Add K-meta, Tannin, Yeast Energizer, Yeast Nutrient, and Grape Concentrate and stir well. Put all fruit in fermenting bag and squeeze over primary to extract most of juices and then put bag in primary. Pour the 1 gallon of boiling water with all dissolved sugar over fruit. Fill the rest of the way with remainder of room temp water and check SG, it should have a SG of around 1.085 give or take a little, if more then add a little more water, if less then add a little more dissolved sugar in small amount of water as sugars from fruit can vary a little. Let sit for 12 hours with lid loose or with a cloth covering bucket with elastic band or string tied around so as that not to sag in must. After those 12 hours add your Pectic Enzyme and wait another 12 hours while also adjusting your must temp to around 75 degrees. After those twelve hours, pitch your yeast either by sprinkling yeast, dehydrating yeast per instructions on back of yeast Sachet, or by making a yeast starter a few hours prior to the 12 hour mark. At this point either leave primary lid off with the cloth again, place lid on loose or snap the lid shut with airlock. Punch down cap twice daily to get all fruit under the liquid level. When SG reaches 1.015, rack to 6 gallon carboy and let finish fermenting with bung and airlock attached. When wine is done fermenting, (check a few days in a row to make sure SG does not change and SG should be around .998 or less) you can stabilize by adding another ¼ tsp of k-meta and 3 tsps of Potassium Sorbate and degas your wine thoroughly. You can now sweeten your wine if you like by using simple syrup which consists of 2 cups of sugar and 1 cup of boiling water or by using a juice or frozen concentrate. I typically take 2 quarts of an alike juice and simmer on stove at medium heat with lid off until its 1/3 its original size and let it cool to room temp and then add slowly to taste. Be careful not to over sweeten. At this point you can use a fining agent or let it clear naturally. Once clear, rack into clean vessel and bulk age more adding another ¼ tsp of k-meta at 3 month intervals or add ¼ tsp k-meta and bottle age for at least 3 months and enjoy. Longer aging will give you a better wine so save a few bottles till at least 1 year mark so you can truly see what this wine can aspire to.


----------



## abefroman (Jan 3, 2011)

Sounds good, but pom is expensive.


----------



## sly22guy (Jan 3, 2011)

discount grocery store!

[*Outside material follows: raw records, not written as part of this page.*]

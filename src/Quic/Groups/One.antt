-- ===== src/Quic/Groups/One.antt =====
-- The end of one connection, in a group of which others may follow.
use ctaps.Prelude.{
  ℕ, ◌≡◌, refl, sym, ap, ◌∙◌, inl, inr, Bool, true, false, ◌||◌, some, List, [], ◌∷◌, ◌++◌, arith,
  ◌==◌, if◌then◌else◌, Bool-cases, if_cases, any, keep, All,
}
use ctaps.SocketManager.State.{
  Connection, Call, close_socket, Manager, find_connection, change_connection, mark_as_closed,
  get_num_open_dependents, is_establishing,
}
use ctaps.SocketManager.Callbacks.{
  closed_socket_cb, close_with_reason, closed_connection_cb, aborted_connection_cb,
  establishment_error_cb,
}
use ctaps.SocketManager.Closing.{
  IsOpenIn, Ending, was_closed, was_aborted, was_not_established, ended, settle, told, socket_calls,
  ended-told,
}
use ctaps.Quic.Groups.{is_close_socket, for_user, closes, settled, close}

any-append :
    {A : Type 0} (p : A → Bool) (xs ys : List A) → any p (xs ++ ys) ≡ (any p xs || any p ys)
any-append p [] ys = refl
any-append p (x ∷ xs) ys = ground (arith, any-append p xs ys)

keep-append :
    {A : Type 0} (p : A → Bool) (xs ys : List A) → keep p (xs ++ ys) ≡ keep p xs ++ keep p ys
keep-append p [] ys = refl
keep-append p (x ∷ xs) ys = elim (Bool-cases (p x)) [
  | inl q ↦ rw (q, keep-append p xs ys) refl
  | inr q ↦ rw (q, keep-append p xs ys) refl
]

told-for_user : (e : Ending) (c : Connection) → any is_close_socket (told e c) ≡ false
unfolding told
told-for_user was_closed c =
    if_cases (λ ks. any is_close_socket ks ≡ false) c.on_closed (λ p. refl) (λ p. refl)
told-for_user was_not_established c =
    if_cases (λ ks. any is_close_socket ks ≡ false) c.on_establishment_error (λ p. refl) (λ p. refl)
told-for_user was_aborted c =
    if_cases (λ ks. any is_close_socket ks ≡ false) (is_establishing c)
      (λ q.
        if_cases (λ ks. any is_close_socket ks ≡ false) c.on_establishment_error (λ p. refl)
          (λ p. refl))
      (λ q.
        if_cases (λ ks. any is_close_socket ks ≡ false) c.on_connection_error (λ p. refl)
          (λ p. refl))

keep_all : (ks : List Call) → any is_close_socket ks ≡ false → keep for_user ks ≡ ks
keep_all [] h = refl
keep_all (k ∷ ks) h =
    let o : (is_close_socket k ≡ false) × (any is_close_socket ks ≡ false) = both _ _ h in
    rw o.0 (ap (λ l. k ∷ l) (keep_all ks o.1))
  where
    both : (b c : Bool) → (b || c) ≡ false → (b ≡ false) × (c ≡ false)
    both true c e = cc
    both false c e = (refl, e)

find-others :
    (u v : ℕ) (cs : List Connection)
    → (u == v) ≡ false
    → find_connection v (change_connection u close cs) ≡ find_connection v cs
unfolding find_connection change_connection
find-others u v [] h = refl
find-others u v (c ∷ cs) h = elim (Bool-cases (c.uuid == u)) [
  | inl p ↦ let q : (c.uuid == v) ≡ false = ground (arith, h, p) in rw p (rw q refl)
  | inr p ↦ rw p (ap (λ r. if c.uuid == v then some c else r) (find-others u v cs h))
]

-- The end of one connection leaves the others open.
pub mark_as_closed-IsOpenIn :
    (c d : Connection) (m n : Manager)
    → n.all_connections ≡ (mark_as_closed c.uuid m).all_connections
    → (c.uuid == d.uuid) ≡ false
    → IsOpenIn d m
    → IsOpenIn d n
unfolding mark_as_closed
mark_as_closed-IsOpenIn c d m n e h (f, o) =
    (ap (find_connection d.uuid) e ∙ find-others c.uuid d.uuid m.all_connections h ∙ f, o)

pub remaining_open :
    (c : Connection) (cs : List Connection) (m n : Manager)
    → n.all_connections ≡ (mark_as_closed c.uuid m).all_connections
    → All (λ d. (c.uuid == d.uuid) ≡ false) cs
    → All (λ d. IsOpenIn d m) cs
    → All (λ d. IsOpenIn d n) cs
remaining_open c [] m n e h o = tt
remaining_open c (d ∷ ds) m n e (h, hs) (o, os) =
    (mark_as_closed-IsOpenIn c d m n e h o, remaining_open c ds m n e hs os)

ended-asks :
    (e : Ending) (c : Connection) (m : Manager)
    → (get_num_open_dependents m == 1) ≡ true
    → closes (ended e c m) ≡ true
unfolding ended closed_connection_cb aborted_connection_cb establishment_error_cb close_with_reason
ended-asks was_closed c m p = rw p refl
ended-asks was_aborted c m p = rw p refl
ended-asks was_not_established c m p = rw p refl

told-closes :
    (e : Ending) (c : Connection) (ks : List Call)
    → any is_close_socket (told e c ++ ks) ≡ any is_close_socket ks
told-closes e c ks =
    any-append is_close_socket (told e c) ks
    ∙ ap (λ b. b || any is_close_socket ks) (told-for_user e c)

pub settle-among : (m d : Manager) → (get_num_open_dependents m == 1) ≡ false → settle m d ≡ d
unfolding settle
settle-among m d p = rw p refl

socket_calls-closes :
    (m : Manager) → any is_close_socket (socket_calls m) ≡ (get_num_open_dependents m == 1)
unfolding socket_calls
socket_calls-closes m = by_number (get_num_open_dependents m == 1)
  where
    by_number : (b : Bool) → any is_close_socket (if b then close_socket ∷ [] else []) ≡ b
    by_number true = refl
    by_number false = refl

socket_calls-for_user : (m : Manager) → keep for_user (socket_calls m) ≡ []
unfolding socket_calls
socket_calls-for_user m =
    if_cases (λ ks. keep for_user ks ≡ []) (get_num_open_dependents m == 1) (λ p. refl) (λ p. refl)

-- What has been called when a connection ends.
pub ended-closes :
    (e : Ending) (c : Connection) (m : Manager)
    → IsOpenIn c m
    → closes m ≡ false
    → closes (settle m (ended e c m)) ≡ (get_num_open_dependents m == 1)
ended-closes e c m h o =
    ap (any is_close_socket) (ended-told e c m h).2
    ∙ told-closes e c (socket_calls m ++ m.calls)
    ∙ any-append is_close_socket (socket_calls m) m.calls
    ∙ ap (λ b. any is_close_socket (socket_calls m) || b) o
    ∙ or_false (any is_close_socket (socket_calls m))
    ∙ socket_calls-closes m
  where
    or_false : (b : Bool) → (b || false) ≡ b
    or_false b = ground arith

pub ended-for_user :
    (e : Ending) (c : Connection) (m : Manager)
    → IsOpenIn c m
    → keep for_user (settle m (ended e c m)).calls ≡ told e c ++ keep for_user m.calls
ended-for_user e c m h =
    ap (keep for_user) (ended-told e c m h).2
    ∙ keep-append for_user (told e c) (socket_calls m ++ m.calls)
    ∙ ap (λ ks. ks ++ keep for_user (socket_calls m ++ m.calls))
        (keep_all (told e c) (told-for_user e c))
    ∙ ap (λ ks. told e c ++ ks)
        (keep-append for_user (socket_calls m) m.calls
          ∙ ap (λ ks. ks ++ keep for_user m.calls) (socket_calls-for_user m))

pub settled-settle :
    (e : Ending) (c : Connection) (m : Manager)
    → IsOpenIn c m
    → closes m ≡ false
    → settled (ended e c m) ≡ settle m (ended e c m)
unfolding settled settle
settled-settle e c m h o =
    ap (λ b. if b then closed_socket_cb (ended e c m) else ended e c m) (by_number _ refl)
  where
    by_number :
        (b : Bool)
        → (get_num_open_dependents m == 1) ≡ b
        → closes (ended e c m) ≡ (get_num_open_dependents m == 1)
    by_number true p = ended-asks e c m p ∙ sym p
    by_number false p = sym (ap closes (settle-among m (ended e c m) p)) ∙ ended-closes e c m h o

But yeah it is a little more pricey


----------



## djrockinsteve (Jan 3, 2011)

I used a blueberry pomegranate frozen concentrate from the freezer section at the grocery store. Awesome!


----------



## sly22guy (Jan 3, 2011)

Yum blueberry/pome. What brand was it?


----------



## djrockinsteve (Jan 4, 2011)

I believe it was fron frozen cans of Old Orchard (grocery store). 

I used 12 cans of the juice and used Lalvin ec-1118 yeast and a gravity starting at 1.092
I wound up making 8 gallons as I over shot the gravity and added addit. water and it was and still is awesome. Gonna have to make this again.


----------



## winemaker_3352 (Jan 4, 2011)

I read somewhere that a little blueberry/pomegranate was blended into a candy cane wine and was pretty good.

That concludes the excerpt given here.